Too bad they didn't capitalize on any of their 33 shots. The Penguins did, scoring late in the first off an Islanders' coverage breakdown, then again early in the second after John Tavares' turnover, and that was all the Penguins needed, with the Islanders unable to put anything behind Marc-Andre Fleury in a 3-0 loss at Nassau Coliseum, the Isles' third straight loss.

"They didn't outplay us. I thought we controlled most of the play, where we got outplayed in Florida for 40 minutes a game," said Kyle Okposo, who had a couple of good scoring chances early. "It's a step in the right direction."
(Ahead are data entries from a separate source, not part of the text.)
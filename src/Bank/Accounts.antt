-- ===== src/Bank/Accounts.antt =====
-- bank/api.py: the endpoints that create, list and show accounts, and the statement of one. The
-- digits of an IBAN are drawn by a generator that the seed of the request decides.
pub mod Statement
pub mod Created
pub mod Again
mod Tests
use mock_sim.Base.{
  ℕ, Bool, true, false, ◌&&◌, not, Option, none, some, List, [], ◌∷◌, ◌++◌, map, Text, codes,
  text_eq, upper, any_row, where_all, ◌==◌, if◌then◌else◌,
}
use mock_sim.Base.Int.{ℤ, pos}
use mock_sim.Errors.{python_error, bad_request, not_found, invalid_iban, account_not_found}
use mock_sim.Models.{
  Account, AccountType, pool, merchant_van, external, AccountStatus, active, AccountResponse,
  non_money, ResponseBody, payment_body, collect_body, mandate_body, account_body, merchant_body,
  subscription_body,
}
use mock_sim.Session.{
  Env, Db, Session, Result, ok, err, pure, gets, or_raise, raise_if, lift, modify, flush, draw_id,
  visible, is_own, ◌>>=◌, ◌>>◌,
}
use mock_sim.Decimal.{str_int}
use mock_sim.Iban.{gen_iban}
use mock_sim.Identifiers.{gen_bic}
use mock_sim.Accounts.{select_account, row}
use mock_sim.Paging.{latest_first}
use mock_sim.Idempotency.{complete_record}
use mock_sim.Idempotency.Endpoint.{endpoint}
use mock_sim.Bank.Regions.{get_region}

pub record CreateAccountRequest : Type 0 where
  pub account_type : AccountType
  pub owner_name : Text
  pub region : Text
  pub currency : Text
  pub sharia_flag : Bool
  pub parent_iban : Option Text
  pub seed : Option Text

-- `AccountResponse(**cached.response_body)`
unfoldable pub as_account : Option ResponseBody → Result AccountResponse
as_account none = err python_error
as_account (some (account_body r)) = ok r
as_account (some (payment_body r)) = err python_error
as_account (some (collect_body r)) = err python_error
as_account (some (mandate_body r)) = err python_error
as_account (some (merchant_body r)) = err python_error
as_account (some (subscription_body r)) = err python_error

-- The response about a row.
unfoldable pub account_response : Account → AccountResponse
account_response a = record {
  id = a.id;
  iban = a.iban;
  bic = a.bic;
  account_type = a.account_type;
  owner_name = a.owner_name;
  region = a.region;
  currency = a.currency;
  balance = str_int a.balance;
  available_balance = str_int a.available_balance;
  status = a.status;
  sharia_flag = a.sharia_flag;
  parent_iban = a.parent_iban;
  created_at = a.created_at;
}

-- `not body.parent_iban`: an empty text counts as none.
abbrev pub has_parent : Option Text → Bool
has_parent none = false
has_parent (some []) = false
has_parent (some (c ∷ s)) = true

abbrev pub needs_parent : AccountType → Bool
needs_parent merchant_van = true
needs_parent pool = false
needs_parent external = false

unfoldable pub new_account : Env → ℕ → ℕ → CreateAccountRequest → Text → Account
new_account env id tenant body iban = record {
  id = id;
  mock_tenant_id = tenant;
  iban = iban;
  bic = gen_bic body.region;
  account_type = body.account_type;
  currency = upper body.currency;
  balance = pos 0;
  available_balance = pos 0;
  parent_iban = body.parent_iban;
  status = active;
  sharia_flag = body.sharia_flag;
  owner_name = body.owner_name;
  region = upper body.region;
  created_at = env.wall;
  updated_at = env.wall;
}

-- Whether the foreign key `parent_iban` fails: the parent may be of any tenant.
abbrev pub is_orphan : Option Text → List Account → Bool
is_orphan none accounts = false
is_orphan (some parent) accounts = not (any_row (λ a. text_eq a.iban parent) accounts)

-- The insert and its flush. An IBAN that is taken, or a parent that is not there, makes it fail.
unfoldable pub insert_account : Account → Session (Unit {0})
insert_account account = do
  taken ← gets (λ d. any_row (λ a. text_eq a.iban account.iban) d.accounts)
  raise_if taken python_error
  orphan ← gets (λ d. is_orphan account.parent_iban d.accounts)
  raise_if orphan python_error
  modify (λ d. flush (record d { accounts = d.accounts ++ account ∷ [] }))

module _ (env : Env) (randint : Option Text → ℕ → ℕ) where
  -- The body for a key that is seen for the first time.
  unfoldable pub start_account : Text → CreateAccountRequest → ℕ → Session AccountResponse
  start_account key body tenant = do
    lift (get_region body.region)
    raise_if (needs_parent body.account_type && not (has_parent body.parent_iban))
        (bad_request invalid_iban)
    iban ← lift (gen_iban body.region (randint body.seed))
    id ← draw_id env
    let account = new_account env id tenant body iban
    insert_account account
    complete_record env tenant key 201 (account_body (account_response account))
    pure (account_response account)

  unfoldable pub create_account :
      (CreateAccountRequest → Text) → Text → CreateAccountRequest → Session AccountResponse
  create_account dump key body =
      endpoint env key (dump body) non_money as_account (start_account key body)

  -- `create_virtual_account`: the type is set before the body is hashed.
  unfoldable pub create_virtual_account :
      (CreateAccountRequest → Text) → Text → CreateAccountRequest → Session AccountResponse
  create_virtual_account dump key body =
      create_account dump key (record body { account_type = merchant_van })

unfoldable pub list_accounts : Env → Session (List AccountResponse)
list_accounts env = gets (λ d. map account_response (
    latest_first (λ (a : Account). a.created_at)
      (where_all (λ a. is_own env a.mock_tenant_id) d.accounts)))

unfoldable pub show_account : Env → Text → Session AccountResponse
show_account env iban = do
  account ← or_raise (← gets (select_account env iban)) (not_found account_not_found)
  pure (account_response account)

pub record Balance : Type 0 where
  pub iban : Text
  pub currency : Text
  pub balance : Text
  pub available_balance : Text
  pub status : AccountStatus

unfoldable pub get_balance : Env → Text → Session Balance
get_balance env iban = do
  account ← or_raise (← gets (select_account env iban)) (not_found account_not_found)
  pure (record {
    iban = iban;
    currency = account.currency;
    balance = str_int account.balance;
    available_balance = str_int account.available_balance;
    status = account.status;
  })
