-- ===== src/Idempotency/Lookup.antt =====
-- What a query of the idempotency store (core/idempotency.py) finds after a write.
use mock_sim.Base.{
  ℕ, ◌≡◌, refl, ap, inl, inr, Bool, true, false, ◌∙◌, delete_where, none, some, List, [], ◌∷◌, ◌++◌,
  Text, text_eq_refl, first, update_where, ==_refl, Bool-cases,
}
use mock_sim.Models.{IdempotencyRecord, EndpointClass}
use mock_sim.Session.{Env, visible}
use mock_sim.Idempotency.{is_record, new_record}

pub first-append :
    (p : IdempotencyRecord → Bool) (xs : List IdempotencyRecord) (r : IdempotencyRecord)
    → first p xs ≡ none
    → p r ≡ true
    → first p (xs ++ r ∷ []) ≡ some r
first-append p [] r e h = rw h
first-append p (x ∷ xs) r e h = elim (Bool-cases (p x)) [
  | inl passes ↦ cc (rw passes at e)
  | inr fails ↦ rw fails (first-append p xs r (rw fails at e) h)
]

pub first-completed :
    (p : IdempotencyRecord → Bool) (f : IdempotencyRecord → IdempotencyRecord)
    (xs : List IdempotencyRecord) (r : IdempotencyRecord)
    → ((x : IdempotencyRecord) → p (f x) ≡ p x)
    → first p xs ≡ some r
    → first p (update_where p f xs) ≡ some (f r)
first-completed p f [] r h e = cc
first-completed p f (x ∷ xs) r h e = elim (Bool-cases (p x)) [
  | inl passes ↦
      let same : some x ≡ some r = rw passes at e in
      let x≡r : x ≡ r = cc in
      rw (passes, h x, passes) (ap (λ (y : IdempotencyRecord). some (f y)) x≡r)
  | inr fails ↦ rw (fails, fails) (first-completed p f xs r h (rw fails at e))
]

pub first-completed_none :
    (p : IdempotencyRecord → Bool) (f : IdempotencyRecord → IdempotencyRecord)
    (xs : List IdempotencyRecord)
    → first p xs ≡ none
    → first p (update_where p f xs) ≡ none
first-completed_none p f [] e = refl
first-completed_none p f (x ∷ xs) e = elim (Bool-cases (p x)) [
  | inl passes ↦ cc (rw passes at e)
  | inr fails ↦ rw (fails, fails) (first-completed_none p f xs (rw fails at e))
]

-- A record that is added for a tenant is found by it.
pub new_record-is_record :
    (env : Env) (tenant : ℕ) (key : Text)
    → env.tenant ≡ some tenant
    → (id : ℕ) (hash : Text) (endpoint_class : EndpointClass)
    → is_record env tenant key (new_record env id tenant key hash endpoint_class) ≡ true
unfolding is_record new_record visible
new_record-is_record env tenant key at id hash endpoint_class =
    rw (at, ==_refl tenant, text_eq_refl key)

-- A row that is found and not deleted is still found.
pub first-delete_where :
    (p q : IdempotencyRecord → Bool) (rows : List IdempotencyRecord) (r : IdempotencyRecord)
    → first p rows ≡ some r
    → q r ≡ false
    → first p (delete_where q rows) ≡ some r
first-delete_where p q [] r e kept = cc
first-delete_where p q (x ∷ rows) r e kept = elim (Bool-cases (p x)) [
  | inl passes ↦
      let same : some x ≡ some r = rw passes at e in
      let x≡r : x ≡ r = cc in let stays : q x ≡ false = ap q x≡r ∙ kept in rw (stays, passes) same
  | inr fails ↦ elim (Bool-cases (q x)) [
    | inl goes ↦ rw goes (first-delete_where p q rows r (rw fails at e) kept)
    | inr stays ↦ rw (stays, fails) (first-delete_where p q rows r (rw fails at e) kept)
  ]
]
But the frustration of another scoreless night was evident on Okposo's face. Josh Bailey's, too. Bailey, Blake Comeau and Brian Rolston clicked as a line for the first time this season, but they were unable to break into the goal column as the Islanders were shut out for the second time in their seven games and have scored only eight even-strength goals.

"Tonight, I thought we did a pretty good job of going to the net. Structure-wise, we were good in the offensive zone, we had some net presence," coach Jack Capuano said. "The guys worked hard."

That began right from the opening faceoff, with Okposo, Frans Nielsen and Michael Grabner pushing the tempo. After a stretch of a dozen minutes in which the Isles dominated play and put the Penguins on the defensive, the shots were 9-3 in the Isles' favor, even against a Pittsburgh lineup that included Evgeni Malkin, playing his first game in two weeks.

But Mark Streit got caught down by the faceoff circle on a broken play along the boards in the Pittsburgh zone and Brooks Orpik spied Pascal Dupuis zooming into the neutral zone as no Islander covered for Streit. Dupuis' breakaway shot beat Evgeni Nabokov with 2:54 left in the first.

Just 21 seconds into the second, Tavares left the puck behind as he tried to turn up ice near his blue line. Former Islander Richard Park faked to draw Streit out and snapped a wrist shot to the high corner, and the two-goal lead felt a lot larger.

"There's some little things we still need to improve on," said Matt Moulson, who had a couple of whacks at pucks right in front of Fleury at the start of the third. "We've got to get pucks out, get pucks in deep. And we really have to be able to respond -- we have to bury our chances."

For a team that made the league take notice of its goal- scorers over the second half of last season, the offense's disappearance is a mystery. Tavares has six goals, Moulson and Grabner have two and no one else has more than one; the Okposo-Nielsen-Grabner line that electrified many nights last season has been out of sync so far, despite generating plenty of chances Tuesday.

The same holds true for Bailey's line, which had a golden-chance three-on-two in the second, but Rolston flipped a pass to Bailey coming on a tough angle instead of firing a shot from the slot.

"We had opportunities, we've just got to find a way to put those in," Bailey said.